-- ===== src/Client/Config/Bypass.antt =====
-- From the configuration to the routing decision.
use echo_proxy_core.Base.{
  ℕ, ◌≡◌, refl, Bool, false, not, ◌||◌, ◌&&◌, Option, none, some, List, [], ◌∷◌, ◌++◌, map, arith,
  Bytes, any, Result, ok, err, or_default, Outcome, Outcome-then, Outcome-map, Outcome-weaken,
}
use echo_proxy_core.Text.{CaseMap}
use echo_proxy_core.Net.{v4}
use echo_proxy_core.Net.Parse.{parse_ip}
use echo_proxy_core.Client.Pattern
use echo_proxy_core.Client.Geosite.{RegexApi, GeoSiteMatcher, GeoSiteError, load_geosite_dat}
use echo_proxy_core.Client.Geosite
use echo_proxy_core.Client.Geosite.Faults
use echo_proxy_core.Client.Geoip.{IpNetApi, GeoIpError, load_geoip_dat}
use echo_proxy_core.Client.Geoip
use echo_proxy_core.Client.Geoip.Rules
use echo_proxy_core.Client.Routing.{RoutingConfig, should_bypass, geosite_matches, cidr_matches}
use echo_proxy_core.Client.Config.{
  ClientSection, Exit, geosite_failed, geoip_failed, dat_path_or_default, default_geosite_dat,
  default_geoip_dat, default_tags, load_rules, some_matcher, build_routing,
}
use echo_proxy_core.Client.Config.RuleFile.{required_faults, listed, load_rules-Outcome}

module _ (rx : RegexApi) (net : IpNetApi) (cm : CaseMap) (is_file : Bytes → Bool)
    (read : Bytes → Result Bytes Bytes) (decode_geosite : Bytes → Result Bytes (List Geosite.Entry))
    (decode_geoip : Bytes → Result Bytes (List Geoip.Entry)) where
  abbrev pub load_geosite : Bytes → List Bytes → Result GeoSiteError (GeoSiteMatcher rx)
  load_geosite path tags = load_geosite_dat rx cm (read path) decode_geosite tags

  abbrev pub load_geoip : Bytes → List Bytes → Result GeoIpError (List net.IpNet)
  load_geoip path tags = load_geoip_dat net cm (read path) decode_geoip tags

  abbrev pub geosite_file : ClientSection → Option (Bytes × Bool)
  geosite_file file = dat_path_or_default is_file file.bypass_geosite_dat default_geosite_dat

  abbrev pub geoip_file : ClientSection → Option (Bytes × Bool)
  geoip_file file = dat_path_or_default is_file file.bypass_geoip_dat default_geoip_dat

  abbrev pub geosite_faults : ClientSection → Bytes → List GeoSiteError
  geosite_faults file path =
      Faults.file_faults rx cm decode_geosite (or_default file.bypass_geosite_tags default_tags)
        (read path)

  abbrev pub geoip_faults : ClientSection → Bytes → List GeoIpError
  geoip_faults file path =
      Rules.file_faults net cm decode_geoip (or_default file.bypass_geoip_tags default_tags)
        (read path)

  abbrev pub config_faults : ClientSection → List Exit
  config_faults file =
      required_faults geosite_failed (geosite_faults file) (geosite_file file)
      ++ required_faults geoip_failed (geoip_faults file) (geoip_file file)

  abbrev pub geosite_says : ClientSection → Bytes → Bytes → Bool
  geosite_says file host path =
      Faults.file_matches rx cm decode_geosite (or_default file.bypass_geosite_tags default_tags)
        (read path) host

  abbrev pub geoip_says : ClientSection → Bytes → Bytes → Bool
  geoip_says file host path = elim (parse_ip host) [
    | none ↦ false
    | some ip ↦
        Rules.file_contains net cm decode_geoip (or_default file.bypass_geoip_tags default_tags)
          (read path) ip
  ]

  abbrev pub patterns_match : Option (List Bytes) → Bytes → ℕ → Bool
  patterns_match patterns host port =
      any (λ r. Pattern.matches r host port) (map (Pattern.parse cm) (or_default patterns []))

  -- The decision that the configuration asks for, on a host in lower case.
  abbrev pub asks_bypass : ClientSection → Bytes → ℕ → Bool
  asks_bypass file host port =
      not (patterns_match file.proxy host port)
      && (patterns_match file.bypass host port
          || (listed (geosite_faults file) (geosite_says file host) (geosite_file file)
              || listed (geoip_faults file) (geoip_says file host) (geoip_file file)))

  some_matcher-Outcome :
      (host : Bytes) (b : Bool) (fs : List GeoSiteError)
      (r : Result GeoSiteError (GeoSiteMatcher rx))
      → Outcome (λ m. Geosite.matches rx m host ≡ b) fs r
      → Outcome (λ o. geosite_matches rx net o host ≡ b) fs (some_matcher r)
  unfolding some_matcher geosite_matches
  some_matcher-Outcome host b [] (ok m) h = h
  some_matcher-Outcome host b [] (err e) h = h
  some_matcher-Outcome host b (f ∷ fs) (ok m) h = h
  some_matcher-Outcome host b (f ∷ fs) (err e) h = h

  no_networks : (host : Bytes) → cidr_matches rx net [] host ≡ false
  unfolding cidr_matches
  no_networks host = ground arith

  cidr_matches-Outcome :
      (file : ClientSection) (host path : Bytes)
      → Outcome
          (λ nets. cidr_matches rx net nets host ≡ geoip_says file host path)
          (geoip_faults file path)
          (load_geoip path (or_default file.bypass_geoip_tags default_tags))
  unfolding cidr_matches
  cidr_matches-Outcome file host path =
      elim (parse_ip host)
        as (λ o.
          Outcome
            (λ nets.
              elim o [ none ↦ false | some ip ↦ any (λ n. net.contains n ip) nets ] ≡ elim o [
                | none ↦ false
                | some ip ↦
                    Rules.file_contains net cm decode_geoip
                      (or_default file.bypass_geoip_tags default_tags) (read path) ip
              ])
            (geoip_faults file path)
            (load_geoip path (or_default file.bypass_geoip_tags default_tags))) [
              | none ↦
                  Outcome-weaken _ _ (geoip_faults file path)
                    (load_geoip path (or_default file.bypass_geoip_tags default_tags))
                    (Rules.load_geoip_dat-Outcome net cm (read path) decode_geoip
                      (or_default file.bypass_geoip_tags default_tags)
                      (v4 (record { a = 0; b = 0; c = 0; d = 0 })))
                    (λ a e h. refl)
              | some ip ↦
                  Rules.load_geoip_dat-Outcome net cm (read path) decode_geoip
                    (or_default file.bypass_geoip_tags default_tags) ip
            ]

  -- The two rule files, each on its own.
  abbrev load_geosite_rules : ClientSection → Result Exit (Option (GeoSiteMatcher rx))
  load_geosite_rules file =
      load_rules geosite_failed none (λ path tags. some_matcher (load_geosite path tags))
        (geosite_file file) file.bypass_geosite_tags

  abbrev load_geoip_rules : ClientSection → Result Exit (List net.IpNet)
  load_geoip_rules file =
      load_rules geoip_failed [] load_geoip (geoip_file file) file.bypass_geoip_tags

  geosite_rules-Outcome :
      (file : ClientSection) (host : Bytes)
      → Outcome
          (λ o.
            geosite_matches rx net o host
            ≡ listed (geosite_faults file) (geosite_says file host) (geosite_file file))
          (required_faults geosite_failed (geosite_faults file) (geosite_file file))
          (load_geosite_rules file)
  unfolding geosite_matches
  geosite_rules-Outcome file host =
      let tags = or_default file.bypass_geosite_tags default_tags in
      load_rules-Outcome geosite_failed none (λ path tags. some_matcher (load_geosite path tags))
        file.bypass_geosite_tags (geosite_faults file) (geosite_says file host)
        (λ o. geosite_matches rx net o host) (geosite_file file) refl
        (λ path.
          some_matcher-Outcome host (geosite_says file host path) (geosite_faults file path)
            (load_geosite path tags)
            (Faults.load_geosite_dat-Outcome rx cm (read path) decode_geosite tags host))

  geoip_rules-Outcome :
      (file : ClientSection) (host : Bytes)
      → Outcome
          (λ nets.
            cidr_matches rx net nets host
            ≡ listed (geoip_faults file) (geoip_says file host) (geoip_file file))
          (required_faults geoip_failed (geoip_faults file) (geoip_file file))
          (load_geoip_rules file)
  geoip_rules-Outcome file host =
      load_rules-Outcome geoip_failed [] load_geoip file.bypass_geoip_tags (geoip_faults file)
        (geoip_says file host) (λ nets. cidr_matches rx net nets host) (geoip_file file)
        (no_networks host) (cidr_matches-Outcome file host)

  abbrev routing :
      ClientSection → Option (GeoSiteMatcher rx) → List net.IpNet → RoutingConfig rx net
  routing file geosite cidrs = record {
    proxy = map (Pattern.parse cm) (or_default file.proxy []);
    bypass = map (Pattern.parse cm) (or_default file.bypass []);
    bypass_geosite = geosite;
    bypass_cidrs = cidrs;
  }

  decides :
      (file : ClientSection) (host : Bytes) (port : ℕ) (geosite : Option (GeoSiteMatcher rx))
      (cidrs : List net.IpNet) (a b : Bool)
      → geosite_matches rx net geosite (cm.to_lowercase host) ≡ a
      → cidr_matches rx net cidrs (cm.to_lowercase host) ≡ b
      → should_bypass rx net cm (routing file geosite cidrs) host port ≡ (
          not (patterns_match file.proxy (cm.to_lowercase host) port)
          && (patterns_match file.bypass (cm.to_lowercase host) port || (a || b)))
  unfolding should_bypass
  decides file host port geosite cidrs a b e1 e2 = ground (arith, e1, e2)

  -- What `build_routing` gives: the program ends with the first fault of a rule file that the
  -- configuration names, the domain rules before the networks; otherwise a connection bypasses the
  -- tunnel exactly if no proxy pattern matches, and a bypass pattern does, or the domain rules or the
  -- networks of a file without a fault do, under the configured tags.
  pub build_routing-Outcome :
      (file : ClientSection) (host : Bytes) (port : ℕ)
      → Outcome
          (λ c. should_bypass rx net cm c host port ≡ asks_bypass file (cm.to_lowercase host) port)
          (config_faults file)
          (build_routing rx net cm is_file load_geosite load_geoip file)
  unfolding build_routing
  build_routing-Outcome file host port =
      let h = cm.to_lowercase host in
      Outcome-then _ _ (required_faults geosite_failed (geosite_faults file) (geosite_file file))
        (required_faults geoip_failed (geoip_faults file) (geoip_file file))
        (load_geosite_rules file)
        (λ geosite. elim (load_geoip_rules file) [
          | ok cidrs ↦ ok (routing file geosite cidrs)
          | err e ↦ err e
        ])
        (geosite_rules-Outcome file h)
        (λ geosite e1.
          Outcome-map _ _ (required_faults geoip_failed (geoip_faults file) (geoip_file file))
            (load_geoip_rules file) (routing file geosite) (geoip_rules-Outcome file h)
            (λ cidrs e2. decides file host port geosite cidrs _ _ e1 e2))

####

WHAT IS BEING ASKED
Whenever the word "none" shows up in a line of the entries, copy that line.

RESULT OF THE TASK
  ℕ, ◌≡◌, refl, Bool, false, not, ◌||◌, ◌&&◌, Option, none, some, List, [], ◌∷◌, ◌++◌, map, arith,
    | none ↦ false
              elim o [ none ↦ false | some ip ↦ any (λ n. net.contains n ip) nets ] ≡ elim o [
                | none ↦ false
              | none ↦
      load_rules geosite_failed none (λ path tags. some_matcher (load_geosite path tags))
      load_rules-Outcome geosite_failed none (λ path tags. some_matcher (load_geosite path tags))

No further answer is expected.